Bajnai is a political independent and semi-professional soccer player. He served as economy minister for the past year. His public approval rating as economy minister is at a dismal 29 points and the opposition, who dubbed him a "Gyurcsány clone," refuses even to sit down with him. It says Bajnai will be the nation's "bloodsucker" like his predecessor. 

The new Prime Minister can also hardly count on firm support from the ruling Socialists, who will elect him to office. The party is in disarray, struggling with record low ratings and Bajnai is about to ask them to approve painful welfare and pension cuts. 

‘Goose Gordon’ 

Bajnai's own past could also come back to haunt him. 

He presided over the 2003 failure of poultry producer Hajdu-Bet in which hundreds of producers lost their savings. Opposition newspapers, who have dubbed him "Goose Gordon," argued that a man who could not pilot a poultry firm through its difficulties should not be put in charge of a country. 

Bajnai plays goalkeeper for the 43rd Epitok or Builder sports club, a fourth division soccer team. He says his goalkeeping experience remains a valuable asset because it taught him how to play in a team, and his job was to stay at the back, defend, and not neglect his responsibilities to run up field and try fancy footwork. 

(EurActiv with Reuters.) 

Background: 

Hungarian Prime Minister Ferenc Gyurcsány surprisingly handed his resignation on 21 March, during the congress of the Hungarian Socialist Party (EurActiv 23/03/09). 

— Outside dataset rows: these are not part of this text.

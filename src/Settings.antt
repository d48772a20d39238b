-- ===== src/Settings.antt =====
-- lib/openathan-core/src/settings.cpp and include/openathan/settings.h: the device's settings, what
-- makes them valid, and the service that keeps them.
pub mod Service
pub mod Settled
pub mod Record
use openathan.Base.{
  ℕ, ◌≡◌, ℤ, pos, negsuc, eq_ℤ, ltb_ℤ, leb_ℤ, Bool, true, false, bool_eq, not, ◌&&◌, ◌||◌, List, [],
  ◌∷◌, length, list_eq, ltb, leb, ◌==◌, if◌then◌else◌,
}
use openathan.Double.{double_eq}
use openathan.Scheduler.{Settings, PerPrayer}
use openathan.Scheduler.Valid.{valid_settings}

-- `type` is the number under `DstRuleType`, which a decoded record may set to any byte.
pub record DstRule : Type 0 where
  pub time_seconds : ℤ
  pub day : ℕ
  pub type : ℕ
  pub month : ℕ
  pub week : ℕ
  pub day_of_week : ℕ

-- A name is a list of bytes. Positive offsets are west of UTC.
pub record Timezone : Type 0 where
  pub name : List ℕ
  pub standard_offset : ℤ
  pub daylight_offset : ℤ
  pub start : DstRule
  pub end : DstRule

pub record DeviceSettings : Type 0 where
  pub prayer : Settings
  pub timezone : Timezone
  pub volume : ℕ

pub record SavedSettings : Type 0 where
  pub revision : ℕ
  pub value : DeviceSettings

abbrev pub timezone_name_size : ℕ
timezone_name_size = 96

-- `DstRule{}`.
abbrev pub no_rule : DstRule
no_rule = record { time_seconds = pos 0; day = 0; type = 0; month = 0; week = 0; day_of_week = 0 }

-- The defaulted `operator==` of each struct.
unfoldable pub rule_eq : DstRule → DstRule → Bool
rule_eq a b =
    eq_ℤ a.time_seconds b.time_seconds
    && a.day == b.day
    && a.type == b.type
    && a.month == b.month
    && a.week == b.week
    && a.day_of_week == b.day_of_week

unfoldable pub timezone_eq : Timezone → Timezone → Bool
unfolding rule_eq
timezone_eq a b =
    list_eq a.name b.name
    && eq_ℤ a.standard_offset b.standard_offset
    && eq_ℤ a.daylight_offset b.daylight_offset
    && rule_eq a.start b.start
    && rule_eq a.end b.end

offsets_eq : List ℤ → List ℤ → Bool
offsets_eq [] [] = true
offsets_eq (x ∷ xs) (y ∷ ys) = eq_ℤ x y && offsets_eq xs ys
offsets_eq _ _ = false

unfoldable pub settings_eq : Settings → Settings → Bool
unfolding double_eq offsets_eq
settings_eq a b =
    double_eq a.latitude b.latitude
    && double_eq a.longitude b.longitude
    && a.method == b.method
    && bool_eq a.hanafi b.hanafi
    && a.high_latitude == b.high_latitude
    && offsets_eq a.offsets b.offsets
    && bool_eq a.enabled.of_fajr b.enabled.of_fajr
    && bool_eq a.enabled.of_dhuhr b.enabled.of_dhuhr
    && bool_eq a.enabled.of_asr b.enabled.of_asr
    && bool_eq a.enabled.of_maghrib b.enabled.of_maghrib
    && bool_eq a.enabled.of_isha b.enabled.of_isha

unfoldable pub device_eq : DeviceSettings → DeviceSettings → Bool
unfolding settings_eq timezone_eq
device_eq a b =
    settings_eq a.prayer b.prayer && timezone_eq a.timezone b.timezone && a.volume == b.volume

unfoldable pub valid_rule : DstRule → Bool
unfolding rule_eq
valid_rule r =
    if ltb_ℤ r.time_seconds (negsuc 604_798) || ltb_ℤ (pos 604_799) r.time_seconds
    then false
    else if r.type == 0
    then rule_eq r no_rule
    else if r.type == 1
    then r.day == 0
      && leb 1 r.month
      && leb r.month 12
      && leb 1 r.week
      && leb r.week 5
      && leb r.day_of_week 6
    else if r.type == 2
    then leb 1 r.day && leb r.day 365 && r.month == 0 && r.week == 0 && r.day_of_week == 0
    else if r.type == 3
    then leb r.day 365 && r.month == 0 && r.week == 0 && r.day_of_week == 0
    else false

-- The loop over the characters.
unfoldable pub printable : List ℕ → Bool
printable [] = true
printable (c ∷ cs) = not (ltb c 33 || ltb 126 c) && printable cs

abbrev pub offset_ok : ℤ → Bool
offset_ok offset = leb_ℤ (negsuc 86_399) offset && leb_ℤ offset (pos 86_400)

unfoldable pub valid_timezone : Timezone → Bool
unfolding valid_rule printable
valid_timezone tz =
    let no_dst = tz.start.type == 0 in
    not (length tz.name == 0)
    && leb (length tz.name) timezone_name_size
    && printable tz.name
    && offset_ok tz.standard_offset
    && offset_ok tz.daylight_offset
    && valid_rule tz.start
    && valid_rule tz.end
    && bool_eq no_dst (tz.end.type == 0)
    && (not no_dst || eq_ℤ tz.daylight_offset (pos 0))

unfoldable pub valid_device_settings : DeviceSettings → Bool
unfolding valid_settings valid_timezone
valid_device_settings s = valid_settings s.prayer && valid_timezone s.timezone && leb s.volume 100
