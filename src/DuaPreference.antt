-- ===== src/DuaPreference.antt =====
-- `SavedDua` and `DuaPreferences` of lib/openathan-core/src/dua.cpp and include/openathan/dua.h: the
-- saved choice whether a du'a follows, with its record and its revision-checked update.
pub mod Record
pub mod Service
use openathan.Base.{ℕ, Bool}

pub record SavedDua : Type 0 where
  pub revision : ℕ
  pub enabled : Bool
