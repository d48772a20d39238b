-- ===== src/Display.antt =====
-- lib/openathan-core/src/display.cpp and include/openathan/display.h: the saved display brightness,
-- its record and its revision-checked update. Brightness and revision are native numbers; the
-- wrap of `revision + 1` on 32 bits is written out.
pub mod Record
pub mod Service
use openathan.Base.{ℕ}

pub record SavedDisplay : Type 0 where
  pub revision : ℕ
  pub brightness_percent : ℕ

abbrev pub default_display_brightness_percent : ℕ
default_display_brightness_percent = 50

Gyurcsány, whose popularity has fallen steeply over the past two years, leaves behind a country shattered by the financial and economic crisis. 

Gyurcsány, a wealthy businessman, became Hungary's prime minister in 2004. He won re-election in 2006, supported by his reputation as a promoter of a modern free-market economy. Since 2006, however, he has struggled to maintain a parliamentary majority amid worsening economic conditions. 

A remark he made in 2006 and caught on tape caused a stir. Gyurcsány said his government had been lying "night and day" about the state of the economy, just to keep itself in power. 

The IMF, the EU and World Bank agreed a $25.1 billion economic rescue package for Hungary last November. It was the biggest loan for an emerging market economy since the global crisis began.